Le surlendemain, Roubaud partit pour Paris ; il avait trouvé madame Graslin si grièvement atteinte, que, pour l’arracher à la mort, il allait réclamer les lumières et le secours du meilleur médecin de Paris. Mais Véronique n’avait reçu Roubaud que pour mettre un terme aux importunités de sa mère et d’Aline, qui la suppliaient de se soigner : elle se sentit frappée à mort. Elle refusa de voir monsieur Bonnet, en lui faisant répondre qu’il n’était pas temps encore. Quoique tous ses amis, venus de Limoges pour sa fête, voulussent rester près d’elle, elle les pria de l’excuser si elle ne remplissait pas les devoirs de l’hospitalité ; mais elle désirait rester dans la plus profonde solitude. Après le brusque départ de Roubaud, les hôtes du château de Montégnac retournèrent alors à Limoges, moins désappointés que désespérés, car tous ceux que Grossetête avait amenés adoraient Véronique. On se perdit en conjectures sur l’événement qui avait pu causer ce mystérieux désastre.

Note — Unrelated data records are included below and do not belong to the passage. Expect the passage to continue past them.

-- ===== src/Bookings/Stock.antt =====
-- Stock that bookings hold (backend/src/bookings/bookings.service.ts).
use event_now.Prelude.{
  subst, sym, ap, ◌∙◌, true, Bool-cases, inl, inr, ℕ, ◌+◌, ◌-◌, ◌/◌, ◌≤◌, ◌≡◌, refl, Bool, true,
  false, some, List, [], ◌∷◌, arith, ◌==◌, if◌then◌else◌, Option-cases, inl, inr, ◌<◌, All,
  Distinct, any,
}
use event_now.Prelude.Outcome.{Outcome, final, outcome_cases}
use event_now.Http.{HttpException}
use event_now.Prisma.{Prisma}
use event_now.Database.{Db, Handler, Booking, BookingStatus, TicketCategory, for_each}
use event_now.Redis.{Redis, Locked, with_lock_held, with_lock_free}
use event_now.Bookings.{
  amid, lock_ttl, create_booking_in_lock, CreateBookingDto, create_booking, confirm_booking,
  cancel_booking, expire_booking, expire_old_bookings, is_overdue,
}
use event_now.Bookings.Calls.{
  new_booking, booked, create_booking_cases, confirm_booking_cases, given_back,
  cancel_booking_cases, expire_booking_cases,
}

abbrev pub holds : BookingStatus → Bool
holds BookingStatus.pending = true
holds BookingStatus.confirmed = true
holds _ = false

-- What a booking takes from the stock of a category.
abbrev pub held_in : ℕ → Booking → ℕ
held_in k b = if b.ticket_category_id == k then (if holds b.status then b.quantity else 0) else 0

abbrev pub more : ℕ → TicketCategory → TicketCategory
more q c = record c { current_stock = c.current_stock + q }

module _ {p : Prisma} where
  abbrev pub held : ℕ → Db p → ℕ
  held k d = p.sum (held_in k) d.booking

  -- What is left and what live bookings hold make up the initial stock, in each category.
  abbrev pub Balanced : Db p → Type 0
  Balanced d =
      (k : ℕ) (c : TicketCategory)
      → p.find_unique k d.ticket_category ≡ some c
      → c.current_stock + held k d ≡ c.initial_stock

  booked-Balanced :
      (user_id : ℕ) (dto : CreateBookingDto) (now : ℕ) (d : Db p) (c : TicketCategory)
      → p.find_unique dto.ticket_category_id d.ticket_category ≡ some c
      → dto.quantity ≤ c.current_stock
      → Balanced d
      → Balanced (booked user_id dto now d)
  booked-Balanced user_id dto now d c found enough b k c' h = ground (
    arith,
    b k c',
    b dto.ticket_category_id c,
    p.sum-create (held_in k) (new_booking user_id dto now) d.booking,
    p.find_unique-modify k dto.ticket_category_id
        (λ (c : TicketCategory). record c { current_stock = c.current_stock - dto.quantity })
        d.ticket_category,
  )

  -- Whatever `createBooking` answers, stock and holds still balance.
  pub create_booking-Balanced :
      (user_id : ℕ) (dto : CreateBookingDto) (now : ℕ) (d : Db p)
      → Balanced d
      → Balanced (final (create_booking user_id dto now d))
  create_booking-Balanced user_id dto now d b =
      create_booking_cases Balanced user_id dto now d b
        λ c found enough. booked-Balanced user_id dto now d c found enough b

  -- Whatever `confirmBooking` answers, stock and holds still balance.
  pub confirm_booking-Balanced :
      (id user_id now : ℕ) (d : Db p)
      → Balanced d
      → Balanced (final (confirm_booking id user_id now d))
  confirm_booking-Balanced id user_id now d bal =
      confirm_booking_cases Balanced id user_id now d bal λ b found _ pending _ k c h. ground (
        arith,
        bal k c,
        p.sum-modify (held_in k) id (λ b. record b { status = BookingStatus.confirmed }) b
            d.booking,
      )

  pub given_back-Balanced :
      (id : ℕ) (b : Booking) (s : BookingStatus) (d : Db p)
      → p.find_unique id d.booking ≡ some b
      → holds b.status ≡ true
      → holds s ≡ false
      → Balanced d
      → Balanced (given_back id b s d)
  given_back-Balanced id b s d found live dead bal k c' h =
      elim (Option-cases (p.find_unique k d.ticket_category)) [
        | inl e ↦
            ground (
              arith,
              p.find_unique-modify k b.ticket_category_id (more b.quantity) d.ticket_category,
            )
        | inr (c, e) ↦ ground (
          arith,
          bal k c,
          p.find_unique-modify k b.ticket_category_id (more b.quantity) d.ticket_category,
          p.sum-modify (held_in k) id (λ b. record b { status = s }) b d.booking,
        )
      ]

  -- When the booking, if there is one, holds places, `cancelBooking` keeps the balance.
  pub cancel_booking-Balanced :
      (id user_id : ℕ) (d : Db p)
      → ((b : Booking) → p.find_unique id d.booking ≡ some b → holds b.status ≡ true)
      → Balanced d
      → Balanced (final (cancel_booking id user_id d))
  cancel_booking-Balanced id user_id d live bal =
      cancel_booking_cases Balanced id user_id d bal λ b found _ _.
        given_back-Balanced id b BookingStatus.cancelled d found (live b found) refl bal

  -- The defect: the cancellation by its owner of a booking of some places that is cancelled or
  -- expired already breaks the balance.
  pub cancel_booking_dead :
      (id user_id : ℕ) (b : Booking) (c : TicketCategory) (d : Db p)
      → p.find_unique id d.booking ≡ some b
      → p.find_unique b.ticket_category_id d.ticket_category ≡ some c
      → b.user_id ≡ user_id
      → holds b.status ≡ false
      → 0 < b.quantity
      → Balanced d
      → ¬ Balanced (final (cancel_booking id user_id d))
  unfolding cancel_booking
  cancel_booking_dead id user_id b c d found category owner dead some_places bal bal' = ground (
    arith,
    bal b.ticket_category_id c category,
    bal' b.ticket_category_id (more b.quantity c),
    p.find_unique-modify b.ticket_category_id b.ticket_category_id (more b.quantity)
        d.ticket_category,
    p.sum-modify (held_in b.ticket_category_id) id
        (λ b. record b { status = BookingStatus.cancelled }) b d.booking,
  )

  -- The entries of the loop are bookings of the database that still hold stock.
  abbrev pub Live : Db p → ℕ × Booking → Type 0
  Live d e = (p.find_unique e.0 d.booking ≡ some e.1) × (holds e.1.status ≡ true)

  pub given_back-Live :
      (id : ℕ) (b : Booking) (s : BookingStatus) (d : Db p) (es : List (ℕ × Booking))
      → any (λ e. e.0 == id) es ≡ false
      → All (Live d) es
      → All (Live (given_back id b s d)) es
  given_back-Live id b s d [] fresh live = tt
  given_back-Live id b s d ((k, x) ∷ es) fresh ((found, holding), live) = (
    (ground (arith, p.find_unique-modify k id (λ b. record b { status = s }) d.booking), holding),
    given_back-Live id b s d es (ground arith) live,
  )

  amid-state :
      {r : Redis} {A : Type 0} (others : r.Keys → r.Keys) (m : Handler p A) (w : Locked r (Db p))
      → (final (amid others m w)).state ≡ final (m w.state)
  amid-state others m w = elim (outcome_cases (m w.state)) [
    | inl (a, d, e) ↦ ground (arith, e)
    | inr (x, d, e) ↦ ground (arith, e)
  ]

  -- `createBooking` under the lock of the category keeps the balance, whether the lock was free or
  -- held, and whatever becomes of the locks meanwhile.
  pub create_booking_in_lock-Balanced :
      {r : Redis} (others : r.Keys → r.Keys) (user_id : ℕ) (dto : CreateBookingDto) (now : ℕ)
      (w : Locked r (Db p))
      → Balanced w.state
      → Balanced (final (create_booking_in_lock others user_id dto now w)).state
  unfolding create_booking_in_lock
  create_booking_in_lock-Balanced {r} others user_id dto now w bal =
      let run = amid {r = r} others (create_booking user_id dto now) in
      let key = dto.ticket_category_id in
      elim (Bool-cases (r.exists key (now / 1000) w.keys)) [
        | inl taken ↦
            subst Balanced
              (sym (
                ap (λ (x : Outcome HttpException (Locked r (Db p)) ℕ). (final x).state)
                  (with_lock_held key run lock_ttl (now / 1000) w taken)))
              bal
        | inr free ↦
            subst Balanced
              (sym (
                ap (λ (x : Locked r (Db p)). x.state)
                  (with_lock_free key run lock_ttl (now / 1000) w free)
                ∙ amid-state others (create_booking user_id dto now)
                    (record w { keys = r.set key lock_ttl (now / 1000) w.keys })))
              (create_booking-Balanced user_id dto now w.state bal)
      ]

  expire_loop-Balanced :
      (es : List (ℕ × Booking)) (d : Db p)
      → Distinct es
      → All (Live d) es
      → Balanced d
      → Balanced (final (for_each expire_booking es d))
  unfolding for_each
  expire_loop-Balanced [] d distinct live bal = bal
  expire_loop-Balanced ((id, b) ∷ es) d (fresh, distinct) ((found, holding), live) bal =
      elim (expire_booking_cases id b d found) [
        | inl e ↦
            rw (e, for_each)
              (expire_loop-Balanced es (given_back id b BookingStatus.expired d) distinct
                (given_back-Live id b BookingStatus.expired d es fresh live)
                (given_back-Balanced id b BookingStatus.expired d found holding refl bal))
        | inr e ↦ rw (e, for_each) bal
      ]

  pub overdue-Live :
      (now : ℕ) (d : Db p) (es : List (ℕ × Booking))
      → All (λ e. (p.find_unique e.0 d.booking ≡ some e.1) × (is_overdue now e.1 ≡ true)) es
      → All (Live d) es
  overdue-Live now d [] h = tt
  overdue-Live now d ((k, b) ∷ es) ((found, overdue), h) =
      ((found, ground arith), overdue-Live now d es h)

  -- The expiry of overdue bookings, however far it gets, keeps the balance.
  pub expire_old_bookings-Balanced :
      (now : ℕ) (d : Db p) → Balanced d → Balanced (final (expire_old_bookings now d))
  unfolding expire_old_bookings
  expire_old_bookings-Balanced now d bal =
      let es = p.find_many (is_overdue now) d.booking in
      ground (
        arith,
        expire_loop-Balanced es d (p.find_many-distinct (is_overdue now) d.booking)
            (overdue-Live now d es (p.find_many-sound (is_overdue now) d.booking)) bal,
      )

Un soir, deux jours après le départ de la nombreuse famille des Grossetête, Aline introduisit Catherine dans l’appartement de madame Graslin. La Farrabesche resta clouée à l’aspect du changement qui s’était si subitement opéré chez sa maîtresse, à qui elle voyait un visage presque décomposé.

— Mon Dieu ! madame, s’écria-t-elle, quel mal a fait cette pauvre fille ! Si nous avions pu le prévoir, Farrabesche et moi nous ne l’aurions jamais reçue ; elle vient d’apprendre que madame est malade, et m’envoie dire à madame Sauviat qu’elle désire lui parler.

— Ici ! s’écria Véronique. Enfin où est-elle ?

— Mon mari l’a conduite au chalet.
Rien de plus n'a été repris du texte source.